Q From Kate Schubart: At the office yesterday I said to a younger staff member, you’re off in a blizzard of horseradish. This was a familiar phrase in my family when we were off on a jaunt. I’ve always thought it went back to my parents’ youth in the 1930s or 1940s. My colleague was amused, but said the expression was new to him. A quick Google search finds few instances and no etymology.

A I’d never come across this one either and felt rather at a loss. So I consulted Garson O’Toole, who runs the Quote Investigator site. Between us we’ve found out a little more.

Most examples from newspapers imply that a blizzard of horseradish is a torrent of unhelpful or irrelevant political verbiage:

All the righteous indignation which drifts down Capitol Hill like a blizzard of horseradish is simply partisan politics.

The News and Tribune (Jefferson City, Missouri), 3 Feb, 1974.

Horseradish is on record from the 1920s meaning arrant nonsense or rubbish, a relative of horsefeathers. Both terms are euphemisms for horseshit or bullshit. It’s possible that an unbowdlerised alliterative form blizzard of bullshit could already have been in use around that date; it’s recorded only within the past decade, but that doesn’t mean a lot as it would have been considered too rude to print much before then.

You noted in a later message that for you the expression referred to a familiar combination of anxiety and euphoria just before setting out on a trip. I’ve found some examples in blogs that imply muddle or confusion attending such preparations. Garson O’Toole put that rather more strongly on the basis of his own research as implying a poorly motivated or nonsensical quest or task.

You sent me an example from 1931, which Garson O’Toole also found and which turns out to be the first one we know about. It’s from a review of Nikki, a Broadway musical that failed after six weeks:

To convey the impression that they are just too world-weary, author [John Monk] Saunders has arranged that they reply to all efforts at normal human communication with a stock set of irrelevancies: “I’ll take vanilla,” “It seemed a good idea at the time,” and “We’re off in a blizzard of horseradish.”

Time, 12 Oct. 1931.

A few sources suggest where it comes from:

The death of Ho Chi Minh has left policy-makers at the State Department, and the men who convey their thinking to the public, lost in what Groucho Marx once called “a blizzard of horseradish.”

Naugatuck Daily News (Connecticut), 10 Sep. 1969.

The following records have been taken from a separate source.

-- ===== src/PaymentService/Accounting.antt =====
-- The flow that an accepted callback writes, against the balances before and after it.
use mathlib.Core.Option
use mathlib.Core.Path.{subst}
use trade_reconcile_system.Base.{
  Option, ap, arith, count_where, find, if◌then◌else◌, none, refl, some, some_inj, sym, true, ℕ,
  ◌<◌, ◌==◌, ◌∙◌, ◌≡◌,
}
use trade_reconcile_system.Base.Bytes.{Bytes}
use trade_reconcile_system.Base.Counts.{find-only, find-update_where}
use trade_reconcile_system.Base.Int.{
  +ℤ_parts, -ℤ_parts, IsI64, eq_of_parts, to_i64, to_i64_lem, ℤ, ◌+ℤ◌, ◌-ℤ◌,
}
use trade_reconcile_system.Channel.{Settings}
use trade_reconcile_system.Dao.Account.{account_of_row, charge_rows, charged, find_account, payer}
use trade_reconcile_system.Db.{AccountRow, Db}
use trade_reconcile_system.Db.Monad.{Env, World}
use trade_reconcile_system.Db.Text.{sql_eq, sql_eq_refl}
use trade_reconcile_system.Models.Account.{Account}
use trade_reconcile_system.Models.Payment.{PaymentCallbackReq}
use trade_reconcile_system.PaymentService.{build_flow, handle_callback}
use trade_reconcile_system.PaymentService.Atomic.{Paid}

map-some :
    {A B : Type 0} (f : A → B) (o : Option A) {b : B}
    → Option.map f o ≡ some b
    → (a : A) × (o ≡ some a) × (f a ≡ b)
map-some f none h = cc
map-some f (some a) h = (a, refl, some_inj h)

payer-same_account :
    (account_no : Bytes) (amount : ℤ) (r : AccountRow)
    → payer account_no amount r ≡ true
    → sql_eq r.account_no account_no ≡ true
unfolding payer
payer-same_account account_no amount r h = ground arith

-- The account read back after the charge has the balance before it less the amount, when the
-- account's number is unique.
charged-balance :
    (user_id : ℕ) (amount : ℤ) (db : Db) (account after : Account)
    → find_account user_id db ≡ some account
    → count_where (λ r. sql_eq r.account_no account.account_no) db.accounts ≡ 1
    → 0 < count_where (payer account.account_no amount) db.accounts
    → find_account user_id
        (record db { accounts = charge_rows account.account_no amount db.accounts })
      ≡ some after
    → after.balance_fen ≡ account.balance_fen -ℤ amount
unfolding find_account account_of_row charge_rows charged
charged-balance user_id amount db account after found unique enough read_back =
    let mine = λ (r : AccountRow). r.user_id == user_id in
    let (row, row_found, same) = map-some account_of_row (find mine db.accounts) found in
    let (later, later_found, same_later) =
      map-some account_of_row (find mine (charge_rows account.account_no amount db.accounts))
        read_back in
    let number : row.account_no ≡ account.account_no = ap (λ (a : Account). a.account_no) same in
    let pays : payer account.account_no amount row ≡ true =
      find-only (λ r. sql_eq r.account_no account.account_no) (payer account.account_no amount) mine
        db.accounts (payer-same_account account.account_no amount) unique enough row_found
        (subst (λ n. sql_eq n account.account_no ≡ true) (sym number)
          (sql_eq_refl account.account_no)) in
    let updated =
      find-update_where mine (payer account.account_no amount) (charged amount) db.accounts
        (λ r. refl) row_found in
    let now : later ≡ charged amount row =
      some_inj (sym later_found ∙ updated) ∙ ap (λ b. if b then charged amount row else row) pays in
    sym (ap (λ (a : Account). a.balance_fen) same_later)
    ∙ ap (λ (r : AccountRow). r.balance) now
    ∙ ap (λ (a : Account). a.balance_fen -ℤ amount) same

cancel : (a b : ℤ) → (a -ℤ b) +ℤ b ≡ a
cancel a b = eq_of_parts ((a -ℤ b) +ℤ b) a (omega (arith, +ℤ_parts (a -ℤ b) b, -ℤ_parts a b))

-- When `handleCallback` has accepted a callback, the number of the payer's account is unique and
-- its balance fits in 64 bits, the flow says what happened to the account: `before` is the balance
-- that the account had, and `after`, which is the balance read back, is that less the amount.
pub handle_callback-accounts :
    (env : Env) (settings : Settings) (req : PaymentCallbackReq) (raw_body : Bytes) (w : World)
    → (settled : Paid env settings req raw_body w.committed
        (handle_callback env settings req raw_body w))
    → count_where (λ r. sql_eq r.account_no settled.account.account_no) w.committed.accounts ≡ 1
    → IsI64 settled.account.balance_fen
    → let flow = build_flow req settled.account settled.after settled.payment.amount_fen in
      (flow.before_fen ≡ settled.account.balance_fen)
      × (flow.after_fen ≡ settled.account.balance_fen -ℤ settled.payment.amount_fen)
unfolding build_flow
handle_callback-accounts env settings req raw_body w settled unique fits =
    let amount = settled.payment.amount_fen in
    let less =
      charged-balance settled.order.user_id amount w.committed settled.account settled.after
        settled.account_found unique settled.enough settled.read_back in
    (
      ap (λ b. to_i64 (b +ℤ amount)) less
          ∙ ap to_i64 (cancel settled.account.balance_fen amount)
          ∙ to_i64_lem settled.account.balance_fen fits,
      less,
    )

It sounds like a Groucho-ism (not least because one of his films had the title Horsefeathers) and the date of the first example fits, but I can find no link between him and it. Unless a reader knows more?

5. Sic!

• Martin Turner pointed me to two news items about Boris Johnson, the mayor of London, who wants to delycrafy cycling. A third report, in the Independent, made everything clear by adding punctuation: de-Lycrafy. Johnson explained, “I want to make [cycling] normal, something for everyone, something you feel comfortable doing in your ordinary clothes.”

• Nick Willmott wrote: “The July issue of Capital Times, Cardiff Council’s newspaper, has a breezy article about Cardiff Market which contains this: ‘Recently a vintage clothing stall has opened and this has brought something new to the market.’”

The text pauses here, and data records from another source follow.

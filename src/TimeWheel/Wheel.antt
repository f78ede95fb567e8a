-- ===== src/TimeWheel/Wheel.antt =====
-- The wheel as a list of connections for each slot.
use wind_cloud_v.Shared.{
  ℕ, ◌≡◌, refl, ◌∙◌, true, false, List, [], ◌∷◌, Option, none, some, ◌==◌, if◌then◌else◌, arith,
  inl, inr, Bool-cases, Option-cases,
}
use wind_cloud_v.Shared.Int.{pos}
use wind_cloud_v.TimeWheel.{TimeWheel, Conns, join_next, join_prev, set_head, detach_node}
use wind_cloud_v.TimeWheel.Slots.{absent, IsLinked, frame}
use wind_cloud_v.TimeWheel.Unlink.{
  points, without, unlinked, next-inside, outside, join_next-outside, join_prev-outside,
  unlinked-IsLinked, prev-within, unlinked-same, absent-without,
}

abbrev pub Lists : Type 0
Lists = ℕ → List ℕ

-- Each slot's nodes are linked in the order of its list, and stand in no other slot.
pub record IsPlaced (s : TimeWheel × Conns) (lists : Lists) : Type 0 where
  pub linked : (i : ℕ) → IsLinked s.1 none (s.0.slots i) (lists i)
  pub placed :
      (i c : ℕ)
      → absent c (lists i) ≡ false
      → ((s.1 c).has_node ≡ true) × ((s.1 c).wheel_slot ≡ pos i)

-- And every node is in the list of its slot.
pub record IsWheel (s : TimeWheel × Conns) (lists : Lists) : Type 0 where
  pub slots : IsPlaced s lists
  pub held :
      (c : ℕ)
      → (s.1 c).has_node ≡ true
      → (i : ℕ) × ((s.1 c).wheel_slot ≡ pos i) × (absent c (lists i) ≡ false)

abbrev pub dropped : ℕ → Lists → Lists
dropped c lists j = without c (lists j)

pub without-absent : (c : ℕ) (cs : List ℕ) → absent c cs ≡ true → without c cs ≡ cs
unfolding without absent
without-absent c [] h = refl
without-absent c (d ∷ ds) h = ground (arith, h, without-absent c ds)

module _ (wheel : TimeWheel) (conns : Conns) (lists : Lists) (w : IsPlaced (wheel, conns) lists)
    (c i : ℕ) (here : absent c (lists i) ≡ false) where
  pub elsewhere :
      (j d : ℕ) → (j == i) ≡ false → absent d (lists i) ≡ false → absent d (lists j) ≡ true
  elsewhere j d n h = elim (Bool-cases (absent d (lists j))) [
    | inl y ↦ y
    | inr y ↦ absurd (ground (arith, w.placed i d h, w.placed j d y, n))
  ]

  next-outside : (j : ℕ) → (j == i) ≡ false → outside (conns c).next (lists j) ≡ true
  unfolding outside points
  next-outside j n = elim (Option-cases (conns c).next) [
    | inl e ↦ rw e refl
    | inr (d, e) ↦ elim (Bool-cases (absent d (lists i))) [
      | inl y ↦ absurd (
          ground
            (arith, next-inside conns none (wheel.slots i) c d (lists i) (w.linked i) here y, e))
      | inr y ↦ rw e (elsewhere j d n y)
    ]
  ]

  prev-outside : (j : ℕ) → (j == i) ≡ false → outside (conns c).prev (lists j) ≡ true
  unfolding outside points
  prev-outside j n = elim (Option-cases (conns c).prev) [
    | inl e ↦ rw e refl
    | inr (d, e) ↦ elim (Bool-cases (absent d (lists i))) [
      | inl y ↦ absurd (
          ground (
            arith,
            prev-within conns none (wheel.slots i) c d (lists i) (w.linked i) here y refl,
            e,
          ))
      | inr y ↦ rw e (elsewhere j d n y)
    ]
  ]

  unlinked-elsewhere :
      (j : ℕ) → (j == i) ≡ false → IsLinked (unlinked conns c) none (wheel.slots j) (lists j)
  unlinked-elsewhere j n =
      let p = (conns c).prev in
      let x = (conns c).next in
      let m = join_prev (join_next conns p x) x p in
      frame m none (wheel.slots j) c (record (m c) { prev = none; next = none }) (lists j)
        (elsewhere j c n here)
        (join_prev-outside (join_next conns p x) x (wheel.slots j) none p (lists j)
          (next-outside j n)
          (join_next-outside conns p (wheel.slots j) none x (lists j) (prev-outside j n)
            (w.linked j)))

set_head-same :
    (wheel : TimeWheel) (p n : Option ℕ) (i : ℕ)
    → (set_head wheel p i n).slots i ≡ (if points p none then n else wheel.slots i)
unfolding set_head points
set_head-same wheel none n i = ground arith
set_head-same wheel (some a) n i = refl

set_head-other :
    (wheel : TimeWheel) (p n : Option ℕ) (i j : ℕ)
    → (j == i) ≡ false
    → (set_head wheel p i n).slots j ≡ wheel.slots j
unfolding set_head
set_head-other wheel none n i j h = ground (arith, h)
set_head-other wheel (some a) n i j h = refl

pub still : (c d : ℕ) (cs : List ℕ) → absent d (without c cs) ≡ false → absent d cs ≡ false
still c d cs h = elim (Bool-cases (absent d cs)) [
  | inl y ↦ absurd (ground (arith, h, absent-without d c cs y))
  | inr y ↦ y
]

unfoldable pub detached : TimeWheel → Conns → ℕ → ℕ → TimeWheel × Conns
unfolding set_head join_next join_prev
detached wheel conns c i = (set_head wheel (conns c).prev i (conns c).next, unlinked conns c)

pub detach_node-eq :
    (wheel : TimeWheel) (conns : Conns) (c i : ℕ)
    → (conns c).has_node ≡ true
    → (conns c).wheel_slot ≡ pos i
    → detach_node c (wheel, conns) ≡ detached wheel conns c i
unfolding detach_node detached
detach_node-eq wheel conns c i h e = rw (h, e) refl

pub detached-IsPlaced :
    (wheel : TimeWheel) (conns : Conns) (lists : Lists) (c i : ℕ)
    → IsPlaced (wheel, conns) lists
    → absent c (lists i) ≡ false
    → IsPlaced (detached wheel conns c i) (dropped c lists)
unfolding detached outside
detached-IsPlaced wheel conns lists c i w here = record { linked = linked_at; placed = placed_at }
  where
    linked_at :
        (j : ℕ)
        → IsLinked
            (unlinked conns c)
            none
            ((set_head wheel (conns c).prev i (conns c).next).slots j)
            (without c (lists j))
    linked_at j = elim (Bool-cases (j == i)) [
      | inl y ↦
          let same : j ≡ i = ground arith in
          rw (same, set_head-same wheel (conns c).prev (conns c).next i)
            (unlinked-IsLinked conns none (wheel.slots i) c (lists i) (w.linked i) here refl)
      | inr y ↦
          rw
            (
              set_head-other wheel (conns c).prev (conns c).next i j y,
              without-absent c (lists j) (elsewhere wheel conns lists w c i here j c y here),
            )
            (unlinked-elsewhere wheel conns lists w c i here j y)
    ]

    placed_at :
        (j d : ℕ)
        → absent d (without c (lists j)) ≡ false
        → ((unlinked conns c d).has_node ≡ true) × ((unlinked conns c d).wheel_slot ≡ pos j)
    placed_at j d h =
        let (has, slot, _) = unlinked-same conns c d in
        let (has', slot') = w.placed j d (still c d (lists j) h) in (has ∙ has', slot ∙ slot')

-- Detaching changes no time of the wheel.
pub set_head-times :
    (wheel : TimeWheel) (p n : Option ℕ) (i : ℕ)
    → ((set_head wheel p i n).current_tick ≡ wheel.current_tick)
      × ((set_head wheel p i n).timeout_sec ≡ wheel.timeout_sec)
unfolding set_head
set_head-times wheel none n i = (refl, refl)
set_head-times wheel (some a) n i = (refl, refl)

• Bob Trussler emailed from Australia: “Recently, a newsreader on ABC TV told us about thieves in Cannes who stole ‘the safe in a hotel room packed with jewels’.” Why bother with the safe?

• Jerry Gordon reported: “On June 11, a short Associated Press article appeared in the Times Union (Albany, NY), and elsewhere, I’m sure, with the headline: ‘John Malkovich helps hurt tourist’. On reading the article, you find that a tourist was accidently hurt, and Mr Malkovich, among others, came to his rescue.”

• From the Daily Telegraph of 1 June, sent in by Lewis Jones: “The Queen watched Ruler of the World win the Epsom Derby in Surrey, accompanied by the Duke of Edinburgh.”

• “Apparently Napoleonic France was very progressive,” Mike Turniansky commented. An article in the Baltimore Sun of Maryland on 9 June was about Elizabeth Patterson Bonaparte, the wife of Napoleon’s brother Jerome: “Napoleon refused to allow his husband’s new bride to set foot in France.”

• Robert Waterhouse spotted this cricketing headline on the Guardian site on 21 June after a match between India and Sri Lanka: “India set up England clash after Sri Lanka win”. Who won? India.